Process was established recently and no design review meetings were conducted after process implementation so the auditor asked to retrieve the old review meetings but unfortunately those were done informally and there are no records to it. So What would be the best action point for informal records retrieval

 

[Sidney Vianna]

I am surprised this issue has not been discussed during a stage 1 audit, where no nonconformities are issued but the readiness aspect for a stage 2 certification audit is assessed.

Is this the case of a small organization with only a single medical device being offered?

 

[ChrisM]

Let me see if I have got this right:
"Process was established recently and no design review meetings were conducted after process implementation "
So when the product went through the design process, there was no requirement for formal, documented design reviews. By the time your system was updated to include this requirement, the product was at a stage where no further design reviews were required.
So there cannot be a NCR against this product, but against the QMS for not having a formal design review process in place when it needed one to meet whatever Standard you were operating to at that time. You will need to look at all relevant products and determine what needs to be done - and when I say "you", I mean the responsible people in your organization. it may be that photocopying pages of people's project books, scanning them into an electronic record system (if you have one) etc is what is required, so that as much evidence as can be retrospectively obtained as possible is collated and filed - then reviewed to determine if any additional work/testing is required to address any identified gaps. This should also be documented in the DHR.

 

[Jean_B]

Not wholly irrelevant. What are the region(s) and classification(s) of the device in each market? The extent and detail of design controls is managed by interaction with those aspects.

Second to that, what is the stage of the company? Are you a start-up in research, design prototyping, development, or already have finished devices (even if not cleared for market access); or perhaps you are already on market in one country and heading into a new one?

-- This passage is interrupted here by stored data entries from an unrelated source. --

-- ===== src/Mediapackage/Refresh.antt =====
-- The writes of internal/mediapackage to one event keep the projection current.
use gophercast.Prelude.{
  ℕ, String, ◌≡◌, refl, sym, ap, ◌∙◌, Bool, false, not, ◌&&◌, Option, none, some, List, [], ◌∷◌,
  arith, inl, inr, str_eq, str_eq_refl, str_eq_sym, eq_iff, if◌then◌else◌, Bool-cases, Option-cases,
  any, keep,
}
use gophercast.Prelude.Table.{
  find_by, update_where, updated, find_by-update_where, find_by-key, found_of_any,
}
use gophercast.Search.Rows.{
  Package, MetadataRow, Publication, Element, Snapshot, EventRow, Db, package_key, metadata_key,
}
use gophercast.Search.Project.{
  is_some, is_text, find_package, find_event, event_row, publications_of, is_published_in,
  project_event, project_package, begin_func,
}
use gophercast.Search.Current.{
  IsCurrent, CurrentExcept, expected_event-cong, current-series, unpublished_in,
  project_event-IsCurrent,
}
use gophercast.Search.Members.{IsKeyed}
use gophercast.Mediapackage.Metadata.{is_pin, put_publication, pin, publish_tx, publish}
use gophercast.Mediapackage.Write.{
  is_live_id, drop_archive, mark_deleted, tombstone_event, holds_tag, of_package,
}

-- A write to the tables that events are derived from, but for the series and the policies.
module _ (db : Db) (packages : List Package) (metadata : List MetadataRow)
    (publications : List Publication) (elements : List Element) (tags : List (String × String))
    (snapshots : List Snapshot) where
  abbrev pub written : Db
  written = record db {
    packages = packages;
    metadata = metadata;
    publications = publications;
    elements = elements;
    element_tags = tags;
    snapshots = snapshots;
  }

  event_row-written :
      (mp : Package)
      → find_by metadata_key mp.id db.metadata ≡ find_by metadata_key mp.id metadata
      → publications_of mp.id db.publications ≡ publications_of mp.id publications
      → event_row db mp ≡ event_row written mp
  event_row-written mp m p = rw m (rw p)

  -- One that concerns a single event.
  pub written-CurrentExcept :
      (id : String) (s : Option String)
      → IsCurrent db
      → ((i : String)
          → str_eq id i ≡ false
          → (find_by package_key i db.packages ≡ find_by package_key i packages)
            × (find_by metadata_key i db.metadata ≡ find_by metadata_key i metadata)
            × (publications_of i db.publications ≡ publications_of i publications))
      → ((r : EventRow) (j : String)
          → find_event id db ≡ some r
          → is_text j s ≡ false
          → is_published_in j r ≡ false)
      → CurrentExcept id s written
  written-CurrentExcept id s c others mine = record {
    events_others = λ i h.
        let (p, m, b) = others i h in
        c.events_current i
        ∙ expected_event-cong i db written p (λ mp n. event_row-written mp (rw n m) (rw n b));
    mine = mine;
    others_current = λ j h. c.series_current j;
    events_keyed = c.events_keyed;
  }

keep-put_publication :
    (n : Publication) (ps : List Publication) (i : String)
    → str_eq n.mediapackage_id i ≡ false
    → publications_of i ps ≡ publications_of i (put_publication n ps)
unfolding put_publication
keep-put_publication n [] i h = rw h
keep-put_publication n (p ∷ ps) i h = elim (Bool-cases (is_pin n.mediapackage_id n.channel p)) [
  | inl e ↦ rw e (
      ground (
        arith,
        eq_iff p.mediapackage_id n.mediapackage_id,
        eq_iff p.mediapackage_id i,
        eq_iff n.mediapackage_id i,
      ))
  | inr e ↦ rw e (ground (arith, keep-put_publication n ps i))
]

-- What `ProjectEvent` needs of the rest of the transaction.
pub refreshed :
    (id : String) (o : Option Package) (db before : Db)
    → find_package id db ≡ o
    → ((mp : Package) → find_package id db ≡ some mp → CurrentExcept id mp.series_id db)
    → IsCurrent before
    → IsCurrent (begin_func (project_event id db) before).1
unfolding project_event project_package
refreshed id none db before f c b = rw f b
refreshed id (some mp) db before f c b =
    let (after, e, d) = project_event-IsCurrent id mp db f (c mp f) in rw e d

pub own_series :
    (id : String) (mp : Package) (db : Db)
    → IsCurrent db
    → find_package id db ≡ some mp
    → (r : EventRow) (j : String) → find_event id db ≡ some r
    → is_text j mp.series_id ≡ false
    → is_published_in j r ≡ false
own_series id mp db c f r j g h =
    unpublished_in j mp.series_id r h (current-series id mp r db c f g)

-- Publishing pins the policy and leaves the projection current.
pub publish-IsCurrent :
    (fresh id channel : String) (db : Db) → IsCurrent db → IsCurrent (publish fresh id channel db).1
unfolding publish publish_tx pin
publish-IsCurrent fresh id channel db c = elim (Bool-cases (is_some (find_package id db))) [
  | inr gone ↦ rw gone c
  | inl there ↦ rw there (
      let pubs = put_publication (pin fresh id channel db) db.publications in
      refreshed id (find_package id db) (record db { publications = pubs }) db refl
        (λ mp f.
          written-CurrentExcept db db.packages db.metadata pubs db.elements db.element_tags
            db.snapshots id mp.series_id c
            (λ i h.
              (refl, refl, keep-put_publication (pin fresh id channel db) db.publications i h))
            (own_series id mp db c f))
        c)
]

-- An update of the packages with an id changes the one that is found under it, and no other.
pub found_updated :
    (id : String) (g : Package → Bool) (f : Package → Package) (mp : Package) (ps : List Package)
    → ((p : Package) → (f p).id ≡ p.id)
    → find_by package_key id ps ≡ some mp
    → find_by package_key id (update_where package_key (λ p. str_eq p.id id && g p) f ps)
      ≡ some (if g mp then f mp else mp)
found_updated id g f mp ps same h =
    let named : mp.id ≡ id = find_by-key package_key id ps mp h in
    find_by-update_where package_key (λ p. str_eq p.id id && g p) f same id ps
    ∙ rw h (rw named (rw (str_eq_refl id)))

pub others_updated :
    (id i : String) (g : Package → Bool) (f : Package → Package) (ps : List Package)
    → ((p : Package) → (f p).id ≡ p.id)
    → str_eq id i ≡ false
    → find_by package_key i ps
      ≡ find_by package_key i (update_where package_key (λ p. str_eq p.id id && g p) f ps)
others_updated id i g f ps same h = sym (
    find_by-update_where package_key (λ p. str_eq p.id id && g p) f same i ps
    ∙ (elim (Option-cases (find_by package_key i ps)) [
      | inl e ↦ rw e
      | inr (p, e) ↦ rw e (rw (find_by-key package_key i ps p e) (rw (str_eq_sym id i h)))
    ]))

kept_publications :
    (id i : String) (ps : List Publication)
    → str_eq id i ≡ false
    → publications_of i ps ≡ publications_of i (keep (λ p. not (str_eq p.mediapackage_id id)) ps)
kept_publications id i [] h = refl
kept_publications id i (p ∷ ps) h = elim (Bool-cases (str_eq p.mediapackage_id id)) [
  | inl e ↦ rw e (rw ((eq_iff p.mediapackage_id id).0 e) (rw h (kept_publications id i ps h)))
  | inr e ↦ rw e (rw (kept_publications id i ps h))
]

tombstoned :
    (now : ℕ) (id : String) (mp : Package) (db : Db)
    → IsCurrent db
    → find_package id db ≡ some mp
    → is_some mp.deleted_at ≡ false
    → CurrentExcept id mp.series_id (
        drop_archive id (record db {
          packages = update_where package_key (is_live_id id) (mark_deleted now) db.packages;
        }))
unfolding drop_archive
tombstoned now id mp db c f live =
    written-CurrentExcept db
      (update_where package_key (is_live_id id) (mark_deleted now) db.packages) db.metadata
      (keep (λ p. not (str_eq p.mediapackage_id id)) db.publications)
      (keep (λ e. not (str_eq e.mediapackage_id id)) db.elements)
      (keep (λ t. not (holds_tag (of_package id db.elements) t)) db.element_tags)
      (keep (λ s. not (str_eq s.mediapackage_id id)) db.snapshots) id mp.series_id c
      (λ i h. (
        others_updated id i (λ p. not (is_some p.deleted_at)) (mark_deleted now) db.packages
            (λ p. refl) h,
        refl,
        kept_publications id i db.publications h,
      ))
      (own_series id mp db c f)

-- Deleting an event leaves the projection current.
pub tombstone_event-IsCurrent :
    (now : ℕ) (id : String) (db : Db)
    → IsKeyed db
    → IsCurrent db
    → IsCurrent (tombstone_event now id db).1
unfolding tombstone_event
tombstone_event-IsCurrent now id db keys c = elim (Bool-cases (any (is_live_id id) db.packages)) [
  | inr gone ↦ rw gone c
  | inl there ↦ rw there (
      let (mp, f, l) = found_of_any package_key (is_live_id id) db.packages keys.packages there in
      let named : mp.id ≡ id = (eq_iff mp.id id).0 (ground arith) in
      let live : is_some mp.deleted_at ≡ false = ground arith in
      let found : find_package id db ≡ some mp =
        ap (λ (i : String). find_by package_key i db.packages) (sym named) ∙ f in
      let (after, e, d) =
        project_event-IsCurrent id (mark_deleted now mp) _
          (unfold drop_archive in
            (found_updated id (λ p. not (is_some p.deleted_at)) (mark_deleted now) mp db.packages
                (λ p. refl) found
              ∙ rw live))
          (tombstoned now id mp db c found live) in
      rw e d)
]

pub missing_updated :
    (id : String) (q : Package → Bool) (f : Package → Package) (ps : List Package)
    → ((p : Package) → (f p).id ≡ p.id)
    → find_by package_key id ps ≡ none
    → find_by package_key id (update_where package_key q f ps) ≡ none
missing_updated id q f ps same h =
    find_by-update_where package_key q f same id ps ∙ ap (updated package_key q f) h
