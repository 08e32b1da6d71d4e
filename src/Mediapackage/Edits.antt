-- ===== src/Mediapackage/Edits.antt =====
-- `SetMetadata` and `SetEventDC` of internal/mediapackage keep the projection current, for an event
-- that leaves no series in which it is published.
use mathlib.Core.Path.{subst, fun_ext}
use gophercast.Prelude.{
  ℕ, String, ◌≡◌, refl, sym, ap, ◌∙◌, Bool, true, false, not, ◌&&◌, ◌||◌, Option, none, some, List,
  Result, ok, err, arith, inl, inr, str_eq, eq_iff, if◌then◌else◌, Bool-cases, Option-cases, any,
}
use gophercast.Prelude.Table.{find_by, update_where, put_by, find_by-put_by}
use gophercast.Search.Rows.{Package, MetadataRow, EventRow, Db, package_key, metadata_key}
use gophercast.Search.Project.{
  Error, foreign_key, is_some, is_text, find_package, find_event, is_published_in, project_event,
  begin_func, ◌>>=◌,
}
use gophercast.Search.Current.{IsCurrent, project_event-IsCurrent}
use gophercast.Mediapackage.Metadata.{
  Metadata, nullif, refers, metadata_row, put_metadata, has_id, set_series_id, set_metadata_body,
  set_metadata,
}
use gophercast.Mediapackage.Write.{is_live_id, with_dc, update_dc, set_event_dc_body, set_event_dc}
use gophercast.Mediapackage.Refresh.{
  written, written-CurrentExcept, found_updated, others_updated, missing_updated, own_series,
}

abbrev pub other_series : Option String → Option String → Bool
other_series none s = false
other_series (some t) s = not (is_text t s)

-- The event's row counts as published in a series that is not the new one.
abbrev pub row_leaves : Option EventRow → Option String → Bool
row_leaves none s = false
row_leaves (some r) s = r.published && other_series r.series_id s

abbrev pub leaves_series : String → Option String → Db → Bool
leaves_series id s db = row_leaves (find_event id db) s

stays_out :
    (o s : Option String) (published : Bool) (j : String)
    → (published && other_series o s) ≡ false
    → is_text j s ≡ false
    → (is_text j o && published) ≡ false
stays_out none s published j h k = refl
stays_out (some t) s false j h k = ground arith
stays_out (some t) s true j h k = elim (Bool-cases (str_eq t j)) [
  | inl e ↦ let k' : is_text t s ≡ false = rw ((eq_iff t j).0 e) k in absurd (ground arith)
  | inr e ↦ rw e
]

row_stays :
    (id : String) (s : Option String) (db : Db)
    → leaves_series id s db ≡ false
    → (r : EventRow) (j : String) → find_event id db ≡ some r
    → is_text j s ≡ false
    → is_published_in j r ≡ false
row_stays id s db h r j f k =
    stays_out r.series_id s r.published j (ap (λ o. row_leaves o s) (sym f) ∙ h) k

-- A check in a transaction: its failure rolls back.
checked :
    (b : Bool) (e : Error) (db before : Db) (f : Db → Result Error Db)
    → IsCurrent before
    → IsCurrent (begin_func (f db) before).1
    → IsCurrent (begin_func ((if b then ok db else err e) >>= f) before).1
checked true e db before f c d = d
checked false e db before f c d = c

pub other_metadata :
    (id i : String) (md : Metadata) (ms : List MetadataRow)
    → str_eq id i ≡ false
    → find_by metadata_key i ms
      ≡ find_by metadata_key i (put_by metadata_key (metadata_row id md) ms)
unfolding metadata_row
other_metadata id i md ms h = sym (find_by-put_by metadata_key i (metadata_row id md) ms ∙ rw h)

-- The transaction's last step, on an event that is there, from the two tables written before it.
edited :
    (id : String) (s : Option String) (md : Metadata) (g : Package → Bool) (f : Package → Package)
    (mp : Package) (db : Db)
    → IsCurrent db
    → ((p : Package) → (f p).id ≡ p.id)
    → find_package id db ≡ some mp
    → (if g mp then f mp else mp).series_id ≡ s
    → ((r : EventRow) (j : String)
        → find_event id db ≡ some r
        → is_text j s ≡ false
        → is_published_in j r ≡ false)
    → IsCurrent
        (begin_func
          (project_event id (record db {
            packages = update_where package_key (λ p. str_eq p.id id && g p) f db.packages;
            metadata = put_by metadata_key (metadata_row id md) db.metadata;
          }))
          db).1
edited id s md g f mp db c same found series mine =
    let ps = update_where package_key (λ p. str_eq p.id id && g p) f db.packages in
    let ms = put_by metadata_key (metadata_row id md) db.metadata in
    let (after, e, d) =
      project_event-IsCurrent id (if g mp then f mp else mp)
        (written db ps ms db.publications db.elements db.element_tags db.snapshots)
        (found_updated id g f mp db.packages same found)
        (written-CurrentExcept db ps ms db.publications db.elements db.element_tags db.snapshots id
          (if g mp then f mp else mp).series_id c
          (λ i h. (
            others_updated id i g f db.packages same h,
            other_metadata id i md db.metadata h,
            refl,
          ))
          (rw series mine)) in
    rw e d

pub has_id-always : (id : String) → (λ p. str_eq p.id id && true) ≡ has_id id
has_id-always id = fun_ext (λ p. ground arith)

-- `SetMetadata` leaves the projection current, unless it moves an event out of a series in which
-- the event is published.
pub set_metadata-IsCurrent :
    (id : String) (md : Metadata) (db : Db)
    → IsCurrent db
    → leaves_series id (nullif md.series_id) db ≡ false
    → IsCurrent (set_metadata id md db).1
unfolding set_metadata set_metadata_body put_metadata set_series_id
set_metadata-IsCurrent id md db c stays = elim (Option-cases (find_package id db)) [
  | inl f ↦ rw f c
  | inr (mp, f) ↦ rw f (
      checked
        (refers (nullif md.series_id)
            (record db { metadata = put_by metadata_key (metadata_row id md) db.metadata })
          || not (is_some (find_package id db)))
        foreign_key _ db (project_event id) c
        (subst
          (λ (q : Package → Bool).
            IsCurrent
              (begin_func
                (project_event id (record db {
                  packages =
                      update_where package_key q (λ p. record p { series_id = nullif md.series_id })
                        db.packages;
                  metadata = put_by metadata_key (metadata_row id md) db.metadata;
                }))
                db).1)
          (has_id-always id)
          (edited id (nullif md.series_id) md (λ p. true)
            (λ p. record p { series_id = nullif md.series_id }) mp db c (λ p. refl) f refl
            (row_stays id (nullif md.series_id) db stays))))
]

-- `SetEventDC` leaves the projection current, under the same condition.
pub set_event_dc-IsCurrent :
    (id title : String) (start : Option ℕ) (md : Metadata) (db : Db)
    → IsCurrent db
    → leaves_series id (nullif md.series_id) db ≡ false
    → IsCurrent (set_event_dc id title start md db).1
unfolding set_event_dc set_event_dc_body update_dc put_metadata
set_event_dc-IsCurrent id title start md db c stays =
    let s = nullif md.series_id in
    let live = λ (p : Package). not (is_some p.deleted_at) in
    let dc = with_dc title start s in
    let ps = update_where package_key (is_live_id id) dc db.packages in
    checked (refers s db || not (any (is_live_id id) db.packages)) foreign_key
      (record db { packages = ps }) db _ c
      (elim (Option-cases (find_package id db)) [
        | inl f ↦ rw (missing_updated id (is_live_id id) dc db.packages (λ p. refl) f) c
        | inr (mp, f) ↦
            rw (found_updated id live dc mp db.packages (λ p. refl) f)
              (elim (Bool-cases (live mp)) [
                | inl h ↦
                    edited id s md live dc mp db c (λ p. refl) f (rw h) (row_stays id s db stays)
                | inr h ↦
                    edited id mp.series_id md live dc mp db c (λ p. refl) f (rw h)
                      (own_series id mp db c f)
              ])
      ])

With that information in mind, seek out consultancy report appropriate to your market and device types (sterile, sw, etc.) or hire a Regulatory Affairs professional from the product field you are entering. If the RA person does not have area specific expertise hire appropriate coach(es)/support consultant(s) for them to overcome roadblocks more swiftly.

If you ended up in an audit where a body such as BSI could write NC's, and you use device history record (DHR) for questions that indicate a Design History File (DHF), and you established a process but did not do any design review before your audit, you lack management awareness of where your company's quality and regulatory competence should be at (both now, as back then) and appropriate resourcing and training. This likely started due to the very different nature of evidence needed in academia versus market access.
Sad to say, but this is not a minor gap to be addressed by separate topics on Elsmar. You need guidance which will require intimate knowledge - of product, company, and strategy - which you shouldn't share here.

 

[Enternationalist]

Informal records ain't records. Practically speaking, the ship has sailed - 13485 is a standard covering design and development, but it was not used for those design and development activities. Unequivocally, those activities weren't done under a 13485 system and were not fully effective.

Your problem isn't really how to get old records, it's how to bring this development into a 13485 system.

The most honest way of dealing with this would be to establish a quality plan that forces the product, at this stage, through all the necessary points of review and oversight, and record the lot of it. Pretend someone handed you a pile of garbage and that you need to do your due diligence checking everything - it wasn't under a 13485 system and now it has to be.